• [TASK TO CARRY OUT]: Copy every line from the records below that carries the word "flushed".

Stored data:

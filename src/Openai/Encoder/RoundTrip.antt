-- ===== src/Openai/Encoder/RoundTrip.antt =====
-- The decoder reads back what the encoder writes.
use llmgate.Prelude.{
  ℕ, ◌%◌, ◌^◌, ◌<◌, ◌≡◌, ◌∙◌, refl, sym, ap, inl, inr, true, false, Option, none, some, List, [],
  ◌∷◌, ◌++◌, append_assoc, append-nil, Text, text, text_eq, is_empty, any, arith, ◌==◌,
  if◌then◌else◌, Bool-cases,
}
use llmgate.Neutral.{Value, FinishReason, NeutralUsage, NeutralStreamEvent, as_str}
use llmgate.Json.{array, get, find_field, as_array, str_at, u64_at}
use llmgate.Openai.Decoder.{
  Decoder, Step, new_decoder, parse_finish_reason, parse_tool_call, parse_tool_calls, on_delta,
  note_finish, note_usage, on_choice, opening, feed_value, finish,
}
use llmgate.Openai.Encoder.{Encoder, new_encoder, encode, chunk, choices, call_value, usage_entries}

-- A stream that has started.
abbrev running : List ℕ → Option FinishReason → Option NeutralUsage → Decoder
running seen reason usage = record {
  started = true;
  failed = false;
  stop_emitted = false;
  seen_tool_indices = seen;
  pending_finish = reason;
  pending_usage = usage;
}

module _ (e : Encoder) (seen : List ℕ) where
  text-read :
      (t : Text)
      → is_empty t ≡ false
      → feed_value
          (chunk e (choices ((text "content", Value.string t) ∷ []) Value.null))
          (running seen none none)
        ≡ (NeutralStreamEvent.text_delta t ∷ [], running seen none none)
  unfolding feed_value opening on_choice on_delta note_finish note_usage parse_tool_calls get
      find_field as_array str_at text_eq
  text-read t full = elim (Bool-cases (is_empty e.id)) [
    | inl none_yet ↦ rw (none_yet, full)
    | inr given ↦ rw (given, full)
  ]

  reasoning-read :
      (t : Text)
      → is_empty t ≡ false
      → feed_value
          (chunk e (choices ((text "reasoning_content", Value.string t) ∷ []) Value.null))
          (running seen none none)
        ≡ (NeutralStreamEvent.reasoning_delta t ∷ [], running seen none none)
  unfolding feed_value opening on_choice on_delta note_finish note_usage parse_tool_calls get
      find_field as_array str_at text_eq
  reasoning-read t full = elim (Bool-cases (is_empty e.id)) [
    | inl none_yet ↦ rw (none_yet, full)
    | inr given ↦ rw (given, full)
  ]

  call-read :
      (call : Value) (event : NeutralStreamEvent) (seen' : List ℕ)
      → parse_tool_call call seen ≡ (event, seen')
      → feed_value
          (chunk e (choices ((text "tool_calls", array (call ∷ [])) ∷ []) Value.null))
          (running seen none none)
        ≡ (event ∷ [], running seen' none none)
  unfolding feed_value opening on_choice on_delta note_finish note_usage parse_tool_calls get
      find_field as_array str_at text_eq
  call-read call event seen' h = elim (Bool-cases (is_empty e.id)) [
    | inl none_yet ↦ rw (none_yet, h)
    | inr given ↦ rw (given, h)
  ]

  stop-read :
      (reason : FinishReason) (usage : Option NeutralUsage)
      → feed_value
          (chunk e (choices [] (Value.string (as_str reason)) ++ usage_entries usage))
          (running seen none none)
        ≡ ([], running seen (some (parse_finish_reason (as_str reason))) usage)
  unfolding feed_value opening on_choice on_delta note_finish note_usage parse_tool_calls get
      find_field as_array str_at u64_at text_eq
  stop-read reason none = elim (Bool-cases (is_empty e.id)) [
    | inl none_yet ↦ rw none_yet
    | inr given ↦ rw given
  ]
  stop-read reason (some u) = elim (Bool-cases (is_empty e.id)) [
    | inl none_yet ↦ rw none_yet
    | inr given ↦ rw given
  ]

start-read :
    (id model : Text) (created : ℕ)
    → feed_value
        (chunk
          (record { id = id; model = model; created = created })
          (choices
            ((text "role", Value.string (text "assistant"))
              ∷ (text "content", Value.string [])
              ∷ [])
            Value.null))
        new_decoder
      ≡ (NeutralStreamEvent.message_start id model none ∷ [], running [] none none)
unfolding feed_value opening on_choice on_delta note_finish note_usage parse_tool_calls get
    find_field as_array str_at text_eq
start-read [] model created = refl
start-read (b ∷ id) model created = refl

-- The indices seen once a call's part has been read.
abbrev seen_after : ℕ → List ℕ → List ℕ
seen_after index seen = if any (λ i. i == index) seen then seen else index ∷ seen

abbrev given_once : ℕ → List ℕ → Text → Text
given_once index seen t = if any (λ i. i == index) seen then [] else t

fields-read :
    (index : ℕ) (id name arguments : Text) (seen : List ℕ)
    → parse_tool_call (call_value index id name arguments) seen ≡ (
        if any (λ i. i == index % 2 ^ 32) seen
        then (NeutralStreamEvent.tool_call_delta (index % 2 ^ 32) [] [] arguments, seen)
        else (
          NeutralStreamEvent.tool_call_delta (index % 2 ^ 32) id name arguments,
          (index % 2 ^ 32) ∷ seen,
        ))
unfolding parse_tool_call get find_field str_at u64_at text_eq
fields-read index [] [] [] seen = refl
fields-read index [] [] (c ∷ arguments) seen = refl
fields-read index [] (b ∷ name) [] seen = refl
fields-read index [] (b ∷ name) (c ∷ arguments) seen = refl
fields-read index (a ∷ id) [] [] seen = refl
fields-read index (a ∷ id) [] (c ∷ arguments) seen = refl
fields-read index (a ∷ id) (b ∷ name) [] seen = refl
fields-read index (a ∷ id) (b ∷ name) (c ∷ arguments) seen = refl

parse_tool_call-call_value :
    (index : ℕ) (id name arguments : Text) (seen : List ℕ)
    → index < 2 ^ 32
    → parse_tool_call (call_value index id name arguments) seen ≡ (
      NeutralStreamEvent.tool_call_delta index
          (given_once index seen id)
          (given_once index seen name)
          arguments,
      seen_after index seen,
    )
parse_tool_call-call_value index id name arguments seen small =
    let whole : index % 2 ^ 32 ≡ index = omega arith in
    fields-read index id name arguments seen ∙ elim (Bool-cases (any (λ i. i == index) seen)) [
      | inl known ↦ rw (whole, known)
      | inr new ↦ rw (whole, new)
    ]

-- What may stand between the start and the stop of a stream: texts and thoughts that are not empty,
-- and parts of tool calls, of which the first alone gives an id and a name. Signatures are not among
-- these, since the protocol has none. The lists are the indices of the calls seen before and after.
pub data Body : List ℕ → List NeutralStreamEvent → List ℕ → Type 0 where
  nil : (seen : List ℕ) → Body seen [] seen
  text_part :
      (t : Text) {seen seen' : List ℕ} {es : List NeutralStreamEvent}
      → is_empty t ≡ false
      → Body seen es seen'
      → Body seen (NeutralStreamEvent.text_delta t ∷ es) seen'
  reasoning_part :
      (t : Text) {seen seen' : List ℕ} {es : List NeutralStreamEvent}
      → is_empty t ≡ false
      → Body seen es seen'
      → Body seen (NeutralStreamEvent.reasoning_delta t ∷ es) seen'
  call_part :
      (index : ℕ) (id name arguments : Text) {seen seen' : List ℕ} {es : List NeutralStreamEvent}
      → index < 2 ^ 32
      → given_once index seen id ≡ id
      → given_once index seen name ≡ name
      → Body (seen_after index seen) es seen'
      → Body seen (NeutralStreamEvent.tool_call_delta index id name arguments ∷ es) seen'

-- Events encoded one after the other, and objects decoded one after the other.
abbrev pub encode_all : Encoder → List NeutralStreamEvent → List Value × Encoder
encode_all e [] = ([], e)
encode_all e (event ∷ events) =
    let (values, e') = encode e event in
    let (more, e'') = encode_all e' events in (values ++ more, e'')

abbrev pub feed_values : Decoder → List Value → Step
feed_values d [] = ([], d)
feed_values d (v ∷ vs) =
    let (events, d') = feed_value v d in
    let (more, d'') = feed_values d' vs in (events ++ more, d'')

-- A step, and what comes after it.
abbrev then_feed : Step → List Value → Step
then_feed r vs = (r.0 ++ (feed_values r.1 vs).0, (feed_values r.1 vs).1)

feed_values-append :
    (d : Decoder) (vs ws : List Value) → feed_values d (vs ++ ws) ≡ then_feed (feed_values d vs) ws
feed_values-append d [] ws = refl
feed_values-append d (v ∷ vs) ws =
    let one = feed_value v d in
    let done = feed_values one.1 vs in
    ap (λ (r : Step). (one.0 ++ r.0, r.1)) (feed_values-append one.1 vs ws)
    ∙ ap (λ (es : List NeutralStreamEvent). (es, (feed_values done.1 ws).1))
        (sym (append_assoc one.0 done.0 (feed_values done.1 ws).0))

encode_all-append :
    (e : Encoder) (es fs : List NeutralStreamEvent)
    → (encode_all e (es ++ fs)).0 ≡ (encode_all e es).0 ++ (encode_all (encode_all e es).1 fs).0
encode_all-append e [] fs = refl
encode_all-append e (event ∷ es) fs =
    let one = encode e event in
    ap (λ (vs : List Value). one.0 ++ vs) (encode_all-append one.1 es fs)
    ∙ sym (append_assoc one.0 (encode_all one.1 es).0 (encode_all (encode_all one.1 es).1 fs).0)

-- What the body is read back as, and that it leaves the encoder as it is.
record ReadBack (e : Encoder) (seen : List ℕ) (es : List NeutralStreamEvent) (seen' : List ℕ)
    : Type 0 where
  read : feed_values (running seen none none) (encode_all e es).0 ≡ (es, running seen' none none)
  same : (encode_all e es).1 ≡ e

-- An event that is one object, which is read back as the event.
one_more :
    (e : Encoder) (event : NeutralStreamEvent) (v : Value) (seen mid seen' : List ℕ)
    (es : List NeutralStreamEvent)
    → encode e event ≡ (v ∷ [], e)
    → feed_value v (running seen none none) ≡ (event ∷ [], running mid none none)
    → ReadBack e mid es seen'
    → ReadBack e seen (event ∷ es) seen'
one_more e event v seen mid seen' es written here later = record {
  read =
      ap
        (λ (r : List Value × Encoder).
          feed_values (running seen none none) (r.0 ++ (encode_all r.1 es).0))
        written
      ∙ ap (λ (r : Step). then_feed r (encode_all e es).0) here
      ∙ ap (λ (r : Step). (event ∷ r.0, r.1)) later.read;
  same = ap (λ (r : List Value × Encoder). (encode_all r.1 es).1) written ∙ later.same;
}

Body-ReadBack :
    (e : Encoder) {seen seen' : List ℕ} {es : List NeutralStreamEvent}
    → Body seen es seen'
    → ReadBack e seen es seen'
unfolding encode
Body-ReadBack e (nil seen) = record { read = refl; same = refl }
Body-ReadBack e (text_part t {seen} {seen'} {es} full rest) =
    one_more e (NeutralStreamEvent.text_delta t) _ seen seen seen' es refl (text-read e seen t full)
      (Body-ReadBack e rest)
Body-ReadBack e (reasoning_part t {seen} {seen'} {es} full rest) =
    one_more e (NeutralStreamEvent.reasoning_delta t) _ seen seen seen' es refl
      (reasoning-read e seen t full) (Body-ReadBack e rest)
Body-ReadBack e (call_part index id name arguments {seen} {seen'} {es} small once once' rest) =
    one_more e (NeutralStreamEvent.tool_call_delta index id name arguments) _ seen
      (seen_after index seen) seen' es refl
      (call-read e seen (call_value index id name arguments)
        (NeutralStreamEvent.tool_call_delta index id name arguments) (seen_after index seen)
        (parse_tool_call-call_value index id name arguments seen small
          ∙ ap
              (λ t. (
                NeutralStreamEvent.tool_call_delta index t (given_once index seen name) arguments,
                seen_after index seen,
              ))
              once
          ∙ ap
              (λ t.
                (NeutralStreamEvent.tool_call_delta index id t arguments, seen_after index seen))
              once'))
      (Body-ReadBack e rest)

-- A whole stream, with the usage that its start is given.
abbrev pub stream_of :
    Text
    → Text
    → Option NeutralUsage
    → List NeutralStreamEvent
    → FinishReason
    → Option NeutralUsage
    → List NeutralStreamEvent
stream_of id model at_start body reason usage =
    NeutralStreamEvent.message_start id model at_start
    ∷ (body ++ NeutralStreamEvent.message_stop reason usage ∷ [])

abbrev flushed : Step → List NeutralStreamEvent
flushed (es, d) = es ++ (finish d).0

abbrev pub decode_values : List Value → List NeutralStreamEvent
decode_values vs = flushed (feed_values new_decoder vs)

-- For a stream that, between its start and its stop, has only texts and thoughts that are not empty,
-- and parts of tool calls with an index below 2 ^ 32 of which only the first part of a call gives an
-- id or a name, so no signature of a thought and no error, and whose finish reason is the one that
-- its name is parsed as: the objects that the encoder writes for it are decoded as that stream again,
-- with its id, its model, each text, thought and part of a tool call in order, the finish reason and
-- the usage at its end, but without the usage at its start.
pub decode_values-encode_all :
    (created : ℕ) (id model : Text) (at_start : Option NeutralUsage) {seen : List ℕ}
    {body : List NeutralStreamEvent} (reason : FinishReason) (usage : Option NeutralUsage)
    → Body [] body seen
    → parse_finish_reason (as_str reason) ≡ reason
    → decode_values
        (encode_all (new_encoder created) (stream_of id model at_start body reason usage)).0
      ≡ stream_of id model none body reason usage
unfolding encode finish
decode_values-encode_all created id model at_start {seen} {body} reason usage parts named =
    let e : Encoder = record { id = id; model = model; created = created } in
    let stop = NeutralStreamEvent.message_stop reason usage in
    let back = Body-ReadBack e parts in
    let ended = running seen (some (parse_finish_reason (as_str reason))) usage in
    let tail : feed_values (running [] none none) (encode_all e (body ++ stop ∷ [])).0
        ≡ (body, ended) =
      ap (λ (vs : List Value). feed_values (running [] none none) vs)
        (encode_all-append e body (stop ∷ []))
      ∙ feed_values-append (running [] none none) (encode_all e body).0 _
      ∙ ap (λ (r : Step). then_feed r (encode_all (encode_all e body).1 (stop ∷ [])).0) back.read
      ∙ ap (λ (f : Encoder). then_feed (body, running seen none none) (encode_all f (stop ∷ [])).0)
          back.same
      ∙ ap (λ (r : Step). (body ++ (r.0 ++ []), r.1)) (stop-read e seen reason usage)
      ∙ ap (λ (es : List NeutralStreamEvent). (es, ended)) (append-nil body) in
    ap (λ (r : Step). flushed (then_feed r (encode_all e (body ++ stop ∷ [])).0))
      (start-read id model created)
    ∙ ap (λ (r : Step). flushed (NeutralStreamEvent.message_start id model none ∷ r.0, r.1)) tail
    ∙ ap
        (λ (r : FinishReason).
          NeutralStreamEvent.message_start id model none
          ∷ (body ++ NeutralStreamEvent.message_stop r usage ∷ []))
        named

• [SOLUTION FOR THIS TASK]:
abbrev flushed : Step → List NeutralStreamEvent
flushed (es, d) = es ++ (finish d).0
decode_values vs = flushed (feed_values new_decoder vs)
    ap (λ (r : Step). flushed (then_feed r (encode_all e (body ++ stop ∷ [])).0))
    ∙ ap (λ (r : Step). flushed (NeutralStreamEvent.message_start id model none ∷ r.0, r.1)) tail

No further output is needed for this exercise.